▶ [Dataset entries]
* * * *
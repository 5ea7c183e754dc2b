-- ===== src/Cache.antt =====
-- packages/core/src/cache.ts, the class PageCache: cached page shells that name the versions of the
-- resources they show, least recently used first. It reads a ResourceStore, whose reads reorder
-- that store's own LRU list, so a method that reads returns the store too.
pub mod Laws
pub mod Bounds
use flux_fast.Shared.{
  ℕ, String, Bool, true, false, ◌&&◌, not, Option, none, some, List, [], ◌∷◌, if◌then◌else◌, get_or,
  ltb, elem, remove, str_dec, str_eq,
}
use flux_fast.Shared.JsMap.{Map, get, set, delete, keys, trim}
use flux_fast.Value.{Fields, end}
use flux_fast.Store.State.{
  ResourceRecord, ResourceStatus, pending, loading, ready, error, status_eq, ResourceStateSnapshot,
  ResourceStore,
}
use flux_fast.Store.Operations.{get_state_snapshot, get_record, is_stale}
use flux_fast.Store.Changes.{union}

pub record PageDescriptor : Type 0 where
  pub component : String
  pub url : String
  pub meta : Option Fields

pub record CachedPage : Type 0 where
  pub url : String
  pub component : String
  pub meta : Fields
  pub resources : Map String String
  pub resource_keys : List String
  pub pending_deferred : List String
  pub live_keys : List String

pub record PageCacheManifest : Type 0 where
  pub resource_keys : List String
  pub pending_deferred : List String
  pub live_keys : Option (List String)

pub record PageCache : Type 0 where
  pub entries : Map String CachedPage
  pub max_pages : ℕ

-- The constructor; `none` is its RangeError.
unfoldable pub new_cache : ℕ → Option PageCache
new_cache max_pages =
    if ltb 0 max_pages then some (record { entries = []; max_pages = max_pages }) else none

unfoldable pub cached_page :
    PageDescriptor → Map String String → Option PageCacheManifest → CachedPage
cached_page page resources none = record {
  url = page.url;
  component = page.component;
  meta = get_or page.meta end;
  resources = resources;
  resource_keys = keys resources;
  pending_deferred = [];
  live_keys = [];
}
cached_page page resources (some manifest) = record {
  url = page.url;
  component = page.component;
  meta = get_or page.meta end;
  resources = resources;
  resource_keys = manifest.resource_keys;
  pending_deferred = manifest.pending_deferred;
  live_keys = union [] (get_or manifest.live_keys []);
}

unfoldable pub set_page :
    PageDescriptor → Map String String → Option PageCacheManifest → PageCache → PageCache
unfolding cached_page
set_page page resources manifest c = record c {
  entries = trim c.max_pages (
      set str_dec page.url (cached_page page resources manifest)
        (delete str_dec page.url c.entries));
}

-- `record && record.version === version && !resources.isStale(key)`
abbrev pub holds_version : Option ResourceRecord → String → Bool → Bool
holds_version none version stale = false
holds_version (some rec) version stale = str_eq rec.version version && not stale

-- What every object inherits: such a name reads as something in `entry.resources` when the page has
-- no version for it.
unfoldable pub is_inherited : String → Bool
is_inherited key = elem str_dec key (
    "constructor" ∷ "toString" ∷ "toLocaleString" ∷ "valueOf" ∷ "hasOwnProperty" ∷ "isPrototypeOf"
    ∷ "propertyIsEnumerable" ∷ "__proto__" ∷ "__defineGetter__" ∷ "__defineSetter__"
    ∷ "__lookupGetter__" ∷ "__lookupSetter__" ∷ [])

-- One round of the loop of `getValid`, for a key that is not pending: whether the page stays valid.
-- What is inherited is no record's version.
unfoldable pub check_key : Option String → String → ResourceStore → ResourceStore × Bool
unfolding is_inherited
check_key (some version) key s =
    let (s₁, rec) = get_record key s in (s₁, holds_version rec version (is_stale key s₁))
check_key none key s =
    let (s₁, rec) = get_record key s in
    let (s₂, state) = get_state_snapshot key s in
    if is_inherited key then (s₁, false) else (s₂, status_eq state.status error)

unfoldable pub check_keys : CachedPage → List String → ResourceStore → ResourceStore × Bool
unfolding check_key
check_keys entry [] s = (s, true)
check_keys entry (key ∷ keys) s =
    let skipped = check_keys entry keys s in
    if elem str_dec key entry.pending_deferred
    then skipped
    else (let (s₁, fine) = check_key (get str_dec key entry.resources) key s in
        let rest = check_keys entry keys s₁ in if fine then rest else (s₁, false))

-- A valid page becomes the most recently used; an invalid one is forgotten.
unfoldable pub get_valid :
    String → PageCache → ResourceStore → PageCache × ResourceStore × Option CachedPage
unfolding check_keys
get_valid url c s = elim (get str_dec url c.entries) [
  | none ↦ (c, s, none)
  | some entry ↦
      let (s₁, valid) = check_keys entry entry.resource_keys s in
      if valid
      then (
        record c { entries = set str_dec url entry (delete str_dec url c.entries) },
        s₁,
        some entry,
      )
      else (record c { entries = delete str_dec url c.entries }, s₁, none)
]

-- The versions and the pending keys that the loop of `settleResources` works on.
pub record Settlement : Type 0 where
  pub versions : Map String String
  pub still_pending : List String

-- A key with no fresh record, by its status; `none` drops the page from the cache.
unfoldable pub settle_by_status : ResourceStatus → String → Settlement → Option Settlement
settle_by_status error key t = some (record {
  versions = delete str_dec key t.versions;
  still_pending = remove str_dec key t.still_pending;
})
settle_by_status pending key t = some t
settle_by_status loading key t = some t
settle_by_status _ key t = none

unfoldable pub settle_key :
    String → Option ResourceRecord → ResourceStatus → Bool → Settlement → Option Settlement
unfolding settle_by_status
settle_key key (some rec) status false t =
    if status_eq status ready
    then some (record {
      versions = set str_dec key rec.version t.versions;
      still_pending = remove str_dec key t.still_pending;
    })
    else settle_by_status status key t
settle_key key rec status stale t = settle_by_status status key t

unfoldable pub settle_keys :
    List String → List String → Settlement → ResourceStore → ResourceStore × Option Settlement
unfolding settle_key
settle_keys owned [] t s = (s, some t)
settle_keys owned (key ∷ keys) t s =
    let skipped = settle_keys owned keys t s in
    if not (elem str_dec key owned)
    then skipped
    else (let (s₁, state) = get_state_snapshot key s in
        let (s₂, rec) = get_record key s₁ in
        elim (settle_key key rec state.status (is_stale key s₂) t) [
          | none ↦ (s₂, none)
          | some t' ↦ settle_keys owned keys t' s₂
        ])

abbrev pub keep_pending : List String → List String → List String
keep_pending still [] = []
keep_pending still (key ∷ keys) =
    let rest = keep_pending still keys in if elem str_dec key still then key ∷ rest else rest

-- What becomes of the page when the loop is over.
abbrev pub settled_page :
    String → CachedPage → PageCache → ResourceStore × Option Settlement → PageCache × ResourceStore
settled_page url entry c (s, none) = (record c { entries = delete str_dec url c.entries }, s)
settled_page url entry c (s, some t) =
    let updated = record entry {
      resources = t.versions;
      pending_deferred = keep_pending t.still_pending entry.resource_keys;
    } in
    (record c { entries = set str_dec url updated (delete str_dec url c.entries) }, s)

unfoldable pub settle_resources :
    String → List String → PageCache → ResourceStore → PageCache × ResourceStore
unfolding settle_keys
settle_resources url keys c s = elim (get str_dec url c.entries) [
  | none ↦ (c, s)
  | some entry ↦ settled_page url entry c (
      settle_keys entry.resource_keys keys
        (record { versions = entry.resources; still_pending = union [] entry.pending_deferred }) s)
]

unfoldable pub clear_pages : PageCache → PageCache
clear_pages c = record c { entries = [] }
* * * *
▶ [Try it]
A faithful, complete copy of the entries above is required.

▶ [Answer to the problem]
repository 5ea7c183e754dc2b
-- ===== src/Cache.antt =====
-- packages/core/src/cache.ts, the class PageCache: cached page shells that name the versions of the
-- resources they show, least recently used first. It reads a ResourceStore, whose reads reorder
-- that store's own LRU list, so a method that reads returns the store too.
pub mod Laws
pub mod Bounds
use flux_fast.Shared.{
  ℕ, String, Bool, true, false, ◌&&◌, not, Option, none, some, List, [], ◌∷◌, if◌then◌else◌, get_or,
  ltb, elem, remove, str_dec, str_eq,
}
use flux_fast.Shared.JsMap.{Map, get, set, delete, keys, trim}
use flux_fast.Value.{Fields, end}
use flux_fast.Store.State.{
  ResourceRecord, ResourceStatus, pending, loading, ready, error, status_eq, ResourceStateSnapshot,
  ResourceStore,
}
use flux_fast.Store.Operations.{get_state_snapshot, get_record, is_stale}
use flux_fast.Store.Changes.{union}

pub record PageDescriptor : Type 0 where
  pub component : String
  pub url : String
  pub meta : Option Fields

pub record CachedPage : Type 0 where
  pub url : String
  pub component : String
  pub meta : Fields
  pub resources : Map String String
  pub resource_keys : List String
  pub pending_deferred : List String
  pub live_keys : List String

pub record PageCacheManifest : Type 0 where
  pub resource_keys : List String
  pub pending_deferred : List String
  pub live_keys : Option (List String)

pub record PageCache : Type 0 where
  pub entries : Map String CachedPage
  pub max_pages : ℕ

-- The constructor; `none` is its RangeError.
unfoldable pub new_cache : ℕ → Option PageCache
new_cache max_pages =
    if ltb 0 max_pages then some (record { entries = []; max_pages = max_pages }) else none

unfoldable pub cached_page :
    PageDescriptor → Map String String → Option PageCacheManifest → CachedPage
cached_page page resources none = record {
  url = page.url;
  component = page.component;
  meta = get_or page.meta end;
  resources = resources;
  resource_keys = keys resources;
  pending_deferred = [];
  live_keys = [];
}
cached_page page resources (some manifest) = record {
  url = page.url;
  component = page.component;
  meta = get_or page.meta end;
  resources = resources;
  resource_keys = manifest.resource_keys;
  pending_deferred = manifest.pending_deferred;
  live_keys = union [] (get_or manifest.live_keys []);
}

unfoldable pub set_page :
    PageDescriptor → Map String String → Option PageCacheManifest → PageCache → PageCache
unfolding cached_page
set_page page resources manifest c = record c {
  entries = trim c.max_pages (
      set str_dec page.url (cached_page page resources manifest)
        (delete str_dec page.url c.entries));
}

-- `record && record.version === version && !resources.isStale(key)`
abbrev pub holds_version : Option ResourceRecord → String → Bool → Bool
holds_version none version stale = false
holds_version (some rec) version stale = str_eq rec.version version && not stale

-- What every object inherits: such a name reads as something in `entry.resources` when the page has
-- no version for it.
unfoldable pub is_inherited : String → Bool
is_inherited key = elem str_dec key (
    "constructor" ∷ "toString" ∷ "toLocaleString" ∷ "valueOf" ∷ "hasOwnProperty" ∷ "isPrototypeOf"
    ∷ "propertyIsEnumerable" ∷ "__proto__" ∷ "__defineGetter__" ∷ "__defineSetter__"
    ∷ "__lookupGetter__" ∷ "__lookupSetter__" ∷ [])

-- One round of the loop of `getValid`, for a key that is not pending: whether the page stays valid.
-- What is inherited is no record's version.
unfoldable pub check_key : Option String → String → ResourceStore → ResourceStore × Bool
unfolding is_inherited
check_key (some version) key s =
    let (s₁, rec) = get_record key s in (s₁, holds_version rec version (is_stale key s₁))
check_key none key s =
    let (s₁, rec) = get_record key s in
    let (s₂, state) = get_state_snapshot key s in
    if is_inherited key then (s₁, false) else (s₂, status_eq state.status error)

unfoldable pub check_keys : CachedPage → List String → ResourceStore → ResourceStore × Bool
unfolding check_key
check_keys entry [] s = (s, true)
check_keys entry (key ∷ keys) s =
    let skipped = check_keys entry keys s in
    if elem str_dec key entry.pending_deferred
    then skipped
    else (let (s₁, fine) = check_key (get str_dec key entry.resources) key s in
        let rest = check_keys entry keys s₁ in if fine then rest else (s₁, false))

-- A valid page becomes the most recently used; an invalid one is forgotten.
unfoldable pub get_valid :
    String → PageCache → ResourceStore → PageCache × ResourceStore × Option CachedPage
unfolding check_keys
get_valid url c s = elim (get str_dec url c.entries) [
  | none ↦ (c, s, none)
  | some entry ↦
      let (s₁, valid) = check_keys entry entry.resource_keys s in
      if valid
      then (
        record c { entries = set str_dec url entry (delete str_dec url c.entries) },
        s₁,
        some entry,
      )
      else (record c { entries = delete str_dec url c.entries }, s₁, none)
]

-- The versions and the pending keys that the loop of `settleResources` works on.
pub record Settlement : Type 0 where
  pub versions : Map String String
  pub still_pending : List String

-- A key with no fresh record, by its status; `none` drops the page from the cache.
unfoldable pub settle_by_status : ResourceStatus → String → Settlement → Option Settlement
settle_by_status error key t = some (record {
  versions = delete str_dec key t.versions;
  still_pending = remove str_dec key t.still_pending;
})
settle_by_status pending key t = some t
settle_by_status loading key t = some t
settle_by_status _ key t = none

unfoldable pub settle_key :
    String → Option ResourceRecord → ResourceStatus → Bool → Settlement → Option Settlement
unfolding settle_by_status
settle_key key (some rec) status false t =
    if status_eq status ready
    then some (record {
      versions = set str_dec key rec.version t.versions;
      still_pending = remove str_dec key t.still_pending;
    })
    else settle_by_status status key t
settle_key key rec status stale t = settle_by_status status key t

unfoldable pub settle_keys :
    List String → List String → Settlement → ResourceStore → ResourceStore × Option Settlement
unfolding settle_key
settle_keys owned [] t s = (s, some t)
settle_keys owned (key ∷ keys) t s =
    let skipped = settle_keys owned keys t s in
    if not (elem str_dec key owned)
    then skipped
    else (let (s₁, state) = get_state_snapshot key s in
        let (s₂, rec) = get_record key s₁ in
        elim (settle_key key rec state.status (is_stale key s₂) t) [
          | none ↦ (s₂, none)
          | some t' ↦ settle_keys owned keys t' s₂
        ])

abbrev pub keep_pending : List String → List String → List String
keep_pending still [] = []
keep_pending still (key ∷ keys) =
    let rest = keep_pending still keys in if elem str_dec key still then key ∷ rest else rest

-- What becomes of the page when the loop is over.
abbrev pub settled_page :
    String → CachedPage → PageCache → ResourceStore × Option Settlement → PageCache × ResourceStore
settled_page url entry c (s, none) = (record c { entries = delete str_dec url c.entries }, s)
settled_page url entry c (s, some t) =
    let updated = record entry {
      resources = t.versions;
      pending_deferred = keep_pending t.still_pending entry.resource_keys;
    } in
    (record c { entries = set str_dec url updated (delete str_dec url c.entries) }, s)

unfoldable pub settle_resources :
    String → List String → PageCache → ResourceStore → PageCache × ResourceStore
unfolding settle_keys
settle_resources url keys c s = elim (get str_dec url c.entries) [
  | none ↦ (c, s)
  | some entry ↦ settled_page url entry c (
      settle_keys entry.resource_keys keys
        (record { versions = entry.resources; still_pending = union [] entry.pending_deferred }) s)
]

unfoldable pub clear_pages : PageCache → PageCache
clear_pages c = record c { entries = [] }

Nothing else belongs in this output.